Intel is kicking so much *** that developers seem to be 3 or so years behind the hardware curve at this point. Insane...
 
No doubt Intel's R&D is top class, I'm really impressed how they can punch out such step up technology in less than 12 months from each other, exciting for us who like to play with new stuff :)
 
Nice review.

A suggestion for future folding Benchmarks, resize the columns in HFM so we can at least see what WU the benchmark was run on. Performance on 2600Ks (4.8 GHz) on normal SMP WUs in Linux vary from 25K to 45K ppd depending on the WU. 43,500ppd on p7500 isn't really Impressive, while that performance on p6058 would be fantastic.
 
Nice review.

A suggestion for future folding Benchmarks, resize the columns in HFM so we can at least see what WU the benchmark was run on. Performance on 2600Ks (4.8 GHz) on normal SMP WUs in Linux vary from 25K to 45K ppd depending on the WU. 43,500ppd on p7500 isn't really Impressive, while that performance on p6058 would be fantastic.

Thanks, I'll do that. I haven't folded in a long time and had no idea the difference in WUs was so much, my apologies.
 
Great review. I'm in the same boat as everyone else thinking that unless you are a cruncher, bencher, or video encoder then you aren't getting much benefit over SB. I'm considering building a new pc, but with IB looming I'll keep being patient.
 
These machines only really suit massive megamultitaskers or people who crunch lots and lots of data.

I'm sure Xeon-based datacrunching rigs based on these SNB-E chips will be very popular.

Of course I agree completely, I was referring only to enthusiasts. More power is always useful for enterprise data crunching.
 
Thanks, I'll do that. I haven't folded in a long time and had no idea the difference in WUs was so much, my apologies.

There's a FAH benchmarking program running around the net. http://www.avid-edge.com/fah/FAHbench_v12.zip
It has a couple standard WU's that were "captured" (older) and the program allows you to select the WU and number of ticks (% of the WU) to fold. It'll allow you to bench a3's and a5's. The WU's are constant with the program so will allow everyone do directly compare performance using the program.
 
Let me save you some time, Ive been running 2600k vs. 3960X head to head for a few weeks now. Clock for clock, SB and SB-E perf is the same for single thread and single GPU but SB-E dominates in things like rendering, video/audio editing, or anything multi-thread. SB-E also outperforms SB in multi-GPU by 2-5% depending on the test and the GPU (better GPU = more of an advantage). Add more video cards and the perf advantage of SB-E grows more. That is it in a nutshell.
First thing I want to do this weekend is do clock for clock compatisons between a 2600k and 3930k to see if there is any gain with the new chipset, I would expect so with quad channel RAM and more cache but I don't expect more than 5-10%.
 
Great but...

Great but... that price.... deal breaker for me.

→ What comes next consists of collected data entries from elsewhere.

-- ===== src/Governor/Vrr/Calls.antt =====
-- Which calls a round makes for the display.
use rcu.Base.{
  Option, ℕ, ◌+◌, ◌*◌, ◌%◌, ◌^◌, ◌≤◌, ◌<◌, ◌≡◌, ◌⊎◌, refl, not, ◌&&◌, ◌||◌, ◌++◌, ltb,
  if◌then◌else◌, if_then_else_ind, true, none, some, List, [], ◌∷◌, ◌==◌, u8, u32, arith, All, ◌∙◌,
  inl, inr,
}
use rcu.Governor.Vrr.{
  VrrState, VrrSample, DisplayCall, reset, set_rate, max_display, min_display, call_for, rate_for,
  follow, watch, vrr_round,
}
use rcu.Governor.Vrr.Rate.{rate_for-some, rate_for-fits}

-- What holds of a reset that is allowed, of the highest rate and of the rate that is picked, holds of every
-- call of a round.
module _ (i : VrrSample) (P : DisplayCall → Type 0)
    (on_reset : i.focus_failed || i.out_of_focus ≡ true → P reset)
    (on_top : P (set_rate (max_display i.target_hz)))
    (on_pick : (hz : ℕ)
      → rate_for (min_display i.aula) (max_display i.target_hz) i.fps ≡ some hz
      → P (set_rate hz)) where
  call_for-All :
      (o : Option ℕ) (rest : List DisplayCall)
      → rate_for (min_display i.aula) (max_display i.target_hz) i.fps ≡ o
      → All P rest
      → All P (call_for o ++ rest)
  call_for-All none rest e h = h
  call_for-All (some hz) rest e h = (on_pick hz e, h)

  picked-All :
      (o : Option ℕ)
      → rate_for (min_display i.aula) (max_display i.target_hz) i.fps ≡ o
      → All P (call_for o)
  picked-All none e = tt
  picked-All (some hz) e = (on_pick hz e, tt)

  abbrev IsFine : VrrState × List DisplayCall → Type 0
  IsFine r = All P r.1

  follow-All : (s : VrrState) → IsFine (follow s i)
  unfolding follow
  follow-All s =
      let high = max_display i.target_hz in
      let first = rate_for (min_display i.aula) high i.fps in
      if_then_else_ind IsFine (high == min_display i.aula) _ _ (λ e. tt)
        (λ e.
          if_then_else_ind IsFine (ltb 50 (u8 (s.vrr_tick + 1))) _ _
            (λ e. call_for-All first (set_rate high ∷ []) refl (on_top, tt))
            (λ e. picked-All first refl))

  watch-All : (s : VrrState) → IsFine (watch s i)
  watch-All s =
      if_then_else_ind IsFine (i.fps == 254) (s, []) (follow s i) (λ e. tt) (λ e. follow-All s)

  vrr_round-All : (s : VrrState) → IsFine (vrr_round s i)
  unfolding vrr_round
  vrr_round-All s =
      let tick = u8 (s.focus_tick + 1) in
      if_then_else_ind IsFine (i.enabled && not i.docked && i.salty_nx) _ (s, [])
        (λ e.
          if_then_else_ind IsFine (ltb 100 tick) _ _
            (λ e.
              if_then_else_ind IsFine (i.focus_failed || i.out_of_focus) _ _ (λ e. (on_reset e, tt))
                (λ e. watch-All (record s { focus_tick = 0 })))
            (λ e. watch-All (record s { focus_tick = tick })))
        (λ e. tt)

-- A reset, or a rate of the range that the code computes, or its highest rate.
abbrev IsOwn : VrrSample → DisplayCall → Type 0
IsOwn i reset = Unit
IsOwn i (set_rate hz) =
    (hz ≡ max_display i.target_hz) ⊎ ((min_display i.aula ≤ hz) × (hz ≤ max_display i.target_hz))

vrr_round-IsOwn : (s : VrrState) (i : VrrSample) → All (IsOwn i) (vrr_round s i).1
vrr_round-IsOwn s i =
    vrr_round-All i (IsOwn i) (λ e. tt) (inl refl)
      (λ hz e. inr (rate_for-fits (min_display i.aula) (max_display i.target_hz) i.fps {hz = hz} e))
      s

-- The range of the display, for a target of it that has 8 bits; without a target the highest rate is 60.
abbrev pub highest : VrrSample → ℕ
highest i = if i.target_hz == 0 then 60 else i.target_hz

abbrev pub lowest : VrrSample → ℕ
lowest i = if i.aula then 45 else 40

-- A call that a round may make at a sample: a reset where the application is out of focus, or this
-- cannot be asked, or a rate of the range that is the highest or a multiple of the frame rate by 1 to 9.
abbrev pub IsProper : VrrSample → DisplayCall → Type 0
IsProper i reset = (i.focus_failed ≡ true) ⊎ (i.out_of_focus ≡ true)
IsProper i (set_rate hz) =
    (lowest i ≤ hz)
    × (hz ≤ highest i)
    × ((hz ≡ highest i) ⊎ ((k : ℕ) × (1 ≤ k) × (k ≤ 9) × (hz ≡ i.fps * k)))

module _ (i : VrrSample) (in_range : lowest i ≤ highest i) (byte : i.target_hz < 256) where
  max_display-highest : max_display i.target_hz ≡ highest i
  max_display-highest = ground (arith, byte)

  top-IsProper : (hz : ℕ) → hz ≡ max_display i.target_hz → IsProper i (set_rate hz)
  top-IsProper hz e =
      let same : hz ≡ highest i = e ∙ max_display-highest in
      (omega (arith, same, in_range), omega (arith, same), inl same)

  picked-IsProper :
      (hz : ℕ)
      → rate_for (min_display i.aula) (max_display i.target_hz) i.fps ≡ some hz
      → IsProper i (set_rate hz)
  picked-IsProper hz e =
      let (k, from, to, eq, low, high, rest) =
        rate_for-some (min_display i.aula) (max_display i.target_hz) i.fps hz e in
      (low, omega (arith, high, max_display-highest), inr (k, from, to, eq))

-- For a target of the display that has 8 bits and is not below the lowest rate, or no target, a round of the
-- governor resets the display only if the application is out of focus or the query for that fails, and
-- every rate that it sets lies between the lowest one, 40 Hz or 45 Hz on an Aula, and the highest one,
-- the target or 60 Hz, and is the highest one or a multiple of the frame rate by 1 to 9.
pub vrr_round-IsProper :
    (s : VrrState) (i : VrrSample)
    → lowest i ≤ highest i
    → i.target_hz < 256
    → All (IsProper i) (vrr_round s i).1
vrr_round-IsProper s i in_range byte =
    vrr_round-All i (IsProper i) (λ e. ground (arith, e))
      (top-IsProper i in_range byte (max_display i.target_hz) refl)
      (picked-IsProper i in_range byte) s

-- The call is a reset, or sets the rate 0.
abbrev pub IsIdle : DisplayCall → Type 0
IsIdle reset = Unit
IsIdle (set_rate hz) = hz ≡ 0

-- For a display target from a profile, which `GetAutoClockHz` multiplies by a million, the highest rate
-- that the governor allows is 64 times the remainder of the profile's rate by 4, whatever the rate is.
pub profile_limit :
    (rate : ℕ)
    → 0 < rate
    → rate * 1000000 < 2 ^ 32
    → max_display (u32 (rate * 1000000)) ≡ 64 * (rate % 4)
profile_limit rate p w = ground arith

IsOwn-IsIdle :
    (i : VrrSample) (l : List DisplayCall)
    → max_display i.target_hz ≡ 0
    → All (IsOwn i) l
    → All IsIdle l
IsOwn-IsIdle i [] e h = tt
IsOwn-IsIdle i (reset ∷ l) e (p, ps) = (tt, IsOwn-IsIdle i l e ps)
IsOwn-IsIdle i (set_rate hz ∷ l) e (p, ps) = (ground arith, IsOwn-IsIdle i l e ps)

-- If the profile's rate for the display is a multiple of 4, as 40, 48 and 60 are, and there is no override,
-- the governor never sets a rate other than 0: the display does not follow the frame rate.
pub profile_rate_lost :
    (s : VrrState) (i : VrrSample) (rate : ℕ)
    → 0 < rate
    → rate * 1000000 < 2 ^ 32
    → rate % 4 ≡ 0
    → i.target_hz ≡ u32 (rate * 1000000)
    → All IsIdle (vrr_round s i).1
profile_rate_lost s i rate p w m e =
    IsOwn-IsIdle i (vrr_round s i).1 (rw e (profile_limit rate p w ∙ omega arith))
      (vrr_round-IsOwn s i)
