-- ===== src/Ipc.antt =====
-- The service `hoc:clk`: its sessions (Server) and its commands (Service).
pub mod Request
pub mod Server
pub mod Service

Sure the performance out does the BD on pretty much everything here but... the trends has been the same after AMD's Anthlon days. The thing that keeps me from ever buying the chip is it's price. That is still a bit ridiculous for me.

Power consumption is never a concern since it only adds two or three cents to my electric bill for a high end part, but I am not willing to shell out that kind of cabbage for something I don't even know a program will ever run. I will stick with my phenom and intel celeron for now :p.

Also, a quick hack for those who program. Turn off the freaking Intel Genuine on intel's instruction compilers. Not everyone is rich for a Intel part, and must suffice with AMD.